My day started poorly.
Caleb, my preschooler, woke up at six o’clock and disturbed the baby who immediately wanted to be nursed. By then, it was breakfast time, with no hope for another little snooze. I just gave Caleb a bowl of cold cereal.
“I don’t want this,” he whined.
“Sorry, buddy, it’s corn flakes today.”
“NO!” The bowl became airborne.
I strapped the baby into the high chair and blotted up milk and sodden cereal.
I gave him another bowl, this time, the marshmallow-infested kind, but at least he was eating quietly. The same couldn’t be said of Hannah, who was regaling us with an earsplitting aria.

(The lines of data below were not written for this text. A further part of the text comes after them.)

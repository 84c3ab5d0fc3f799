-- ===== src/Httpx/Hops.antt =====
-- internal/httpx/hopbyhop.go: the headers that are not forwarded. A header is its lines, with names in
-- canonical form; the canonical form of a name is an argument.
use stac_proxy.Common.{
  ◌≡◌, refl, sym, ap, ◌∙◌, String, Bool, true, false, ◌||◌, not, List, [], ◌∷◌, ◌++◌, map, str_eq,
  str_eq_iff, if◌then◌else◌, elem, select_names, split_at, trim_space, arith,
}
use stac_proxy.Httpx.Headers.{Header, get_header, del_header}

abbrev pub hop_by_hop_headers : List String
hop_by_hop_headers =
    "Connection" ∷ "Proxy-Connection" ∷ "Keep-Alive" ∷ "Proxy-Authenticate" ∷ "Proxy-Authorization"
    ∷ "Te" ∷ "Trailer" ∷ "Transfer-Encoding" ∷ "Upgrade" ∷ "Forwarded" ∷ []

unfoldable pub del_headers : List String → Header → Header
unfolding del_header
del_headers [] h = h
del_headers (n ∷ ns) h = del_headers ns (del_header n h)

unfoldable pub is_named : String → Bool
is_named s = not (str_eq s "")

-- The names on the first Connection line.
unfoldable pub connection_names : (String → String) → Header → List String
unfolding get_header is_named
connection_names canonical h =
    if str_eq (get_header "Connection" h) ""
    then []
    else map canonical
        (select_names is_named (map trim_space (split_at 44 (get_header "Connection" h))))

unfoldable pub strip_hop_by_hop_headers : (String → String) → Header → Header
unfolding connection_names del_headers
strip_hop_by_hop_headers canonical h =
    del_headers hop_by_hop_headers (del_headers (connection_names canonical h) h)

-- The lines whose name is in no list.
unfoldable pub lines_outside : List String → Header → Header
lines_outside ns [] = []
lines_outside ns ((n, v) ∷ hs) =
    if elem n ns then lines_outside ns hs else (n, v) ∷ lines_outside ns hs

str_eq_sym : (a b : String) → str_eq a b ≡ str_eq b a
str_eq_sym a b = ground (arith, str_eq_iff a b, str_eq_iff b a)

elem-append : (s : String) (xs ys : List String) → elem s (xs ++ ys) ≡ (elem s xs || elem s ys)
unfolding elem
elem-append s [] ys = refl
elem-append s (x ∷ xs) ys = ground (arith, elem-append s xs ys)

del_header-outside :
    (n : String) (ns : List String) (h : Header)
    → lines_outside ns (del_header n h) ≡ lines_outside (n ∷ ns) h
unfolding del_header lines_outside elem
del_header-outside n ns [] = refl
del_header-outside n ns ((m, v) ∷ hs) = ground (arith, str_eq_sym m n, del_header-outside n ns hs)

lines_outside_nil : (h : Header) → lines_outside [] h ≡ h
unfolding lines_outside elem
lines_outside_nil [] = refl
lines_outside_nil ((m, v) ∷ hs) = ap (λ rest. (m, v) ∷ rest) (lines_outside_nil hs)

del_headers-outside : (ns : List String) (h : Header) → del_headers ns h ≡ lines_outside ns h
unfolding del_headers
del_headers-outside [] h = sym (lines_outside_nil h)
del_headers-outside (n ∷ ns) h = del_headers-outside ns (del_header n h) ∙ del_header-outside n ns h

lines_outside-append :
    (ns ms : List String) (h : Header)
    → lines_outside ms (lines_outside ns h) ≡ lines_outside (ns ++ ms) h
unfolding lines_outside
lines_outside-append ns ms [] = refl
lines_outside-append ns ms ((m, v) ∷ hs) =
    ground (arith, elem-append m ns ms, lines_outside-append ns ms hs)

-- What is left is exactly the lines, in their order, whose name is neither one of the listed headers
-- nor named on the first Connection line.
pub strip_hop_by_hop_headers-outside :
    (canonical : String → String) (h : Header)
    → strip_hop_by_hop_headers canonical h
      ≡ lines_outside (connection_names canonical h ++ hop_by_hop_headers) h
unfolding strip_hop_by_hop_headers
strip_hop_by_hop_headers-outside canonical h =
    del_headers-outside hop_by_hop_headers (del_headers (connection_names canonical h) h)
    ∙ ap (lines_outside hop_by_hop_headers) (del_headers-outside (connection_names canonical h) h)
    ∙ lines_outside-append (connection_names canonical h) hop_by_hop_headers h

lines_outside_twice :
    (ns ms : List String) (h : Header)
    → ((s : String) → elem s ns ≡ false → elem s ms ≡ false)
    → lines_outside ms (lines_outside ns h) ≡ lines_outside ns h
unfolding lines_outside
lines_outside_twice ns ms [] within = refl
lines_outside_twice ns ms ((m, v) ∷ hs) within =
    ground (arith, within m, lines_outside_twice ns ms hs within)

get_header-outside :
    (n : String) (ns : List String) (h : Header)
    → elem n ns ≡ true
    → get_header n (lines_outside ns h) ≡ ""
unfolding get_header lines_outside
get_header-outside n ns [] listed = refl
get_header-outside n ns ((m, v) ∷ hs) listed =
    ground (arith, str_eq_iff m n, get_header-outside n ns hs listed)

stripped_lem :
    (s : String) (ns : List String)
    → elem s (ns ++ hop_by_hop_headers) ≡ false
    → elem s hop_by_hop_headers ≡ false
stripped_lem s ns h = ground (arith, elem-append s ns hop_by_hop_headers)

or_true : (b : Bool) → (b || true) ≡ true
or_true true = refl
or_true false = refl

connection_listed : (ns : List String) → elem "Connection" (ns ++ hop_by_hop_headers) ≡ true
unfolding elem
connection_listed ns =
    elem-append "Connection" ns hop_by_hop_headers ∙ or_true (elem "Connection" ns)

no_connection :
    (canonical : String → String) (h : Header)
    → get_header "Connection" h ≡ ""
    → connection_names canonical h ≡ []
unfolding connection_names
no_connection canonical h none_left = rw none_left refl

-- Stripping what was stripped changes nothing.
pub strip_hop_by_hop_headers_twice :
    (canonical : String → String) (h : Header)
    → strip_hop_by_hop_headers canonical (strip_hop_by_hop_headers canonical h)
      ≡ strip_hop_by_hop_headers canonical h
strip_hop_by_hop_headers_twice canonical h =
    let ns = connection_names canonical h in
    let once = lines_outside (ns ++ hop_by_hop_headers) h in
    let free : connection_names canonical once ≡ [] =
      no_connection canonical once
        (get_header-outside "Connection" (ns ++ hop_by_hop_headers) h (connection_listed ns)) in
    rw (strip_hop_by_hop_headers-outside canonical h) (
      strip_hop_by_hop_headers-outside canonical once
      ∙ ap (λ ms. lines_outside (ms ++ hop_by_hop_headers) once) free
      ∙ lines_outside_twice (ns ++ hop_by_hop_headers) hop_by_hop_headers h
          (λ s. stripped_lem s ns))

I nursed her again while Caleb fished for the last of his cereal.
I balanced Hannah, still attached, and helped Caleb crawl down.
“Go play with your trucks, sweetie,” I suggested.
“NO! Tv!” We moved to the living room, where I surfed through channels until I found a children’s program. We settled back, and I let my mind wander.
I loved my children more than life itself, but I constantly felt overwhelmed by their demands. I never seemed to accomplish anything.
Hannah gurgled contentedly, clutching at my robe, and I marvelled at her starfish hand, the tiny pearl nails. But the wonder was short-lived, as she gave an ominous rumble, and then spit up, milk running down the front of her sleeper and my pyjamas.
“Caleb, I need to change Hannah.”
When I came back to the living room, Caleb was gone. Hearing splashing water, I checked the bathroom.
A frothy waterfall was cascading onto the floor. A facecloth was crammed into the drain, and Caleb had pumped hand soap into the flood.
I threw bath towels onto the floor as I turned off the tap. Caleb grinned. He was soaked.
A dry outfit for Caleb and a begging from me that he play nicely with his blocks for a bit. I gathered up the bath towels, started laundry, and wiped down the counters while Hannah rode on my hip.
I’m a slave, I thought. A beast of burden. A dairy cow. Is this my only purpose in life?
I sighed. If it was, I was a dismal failure.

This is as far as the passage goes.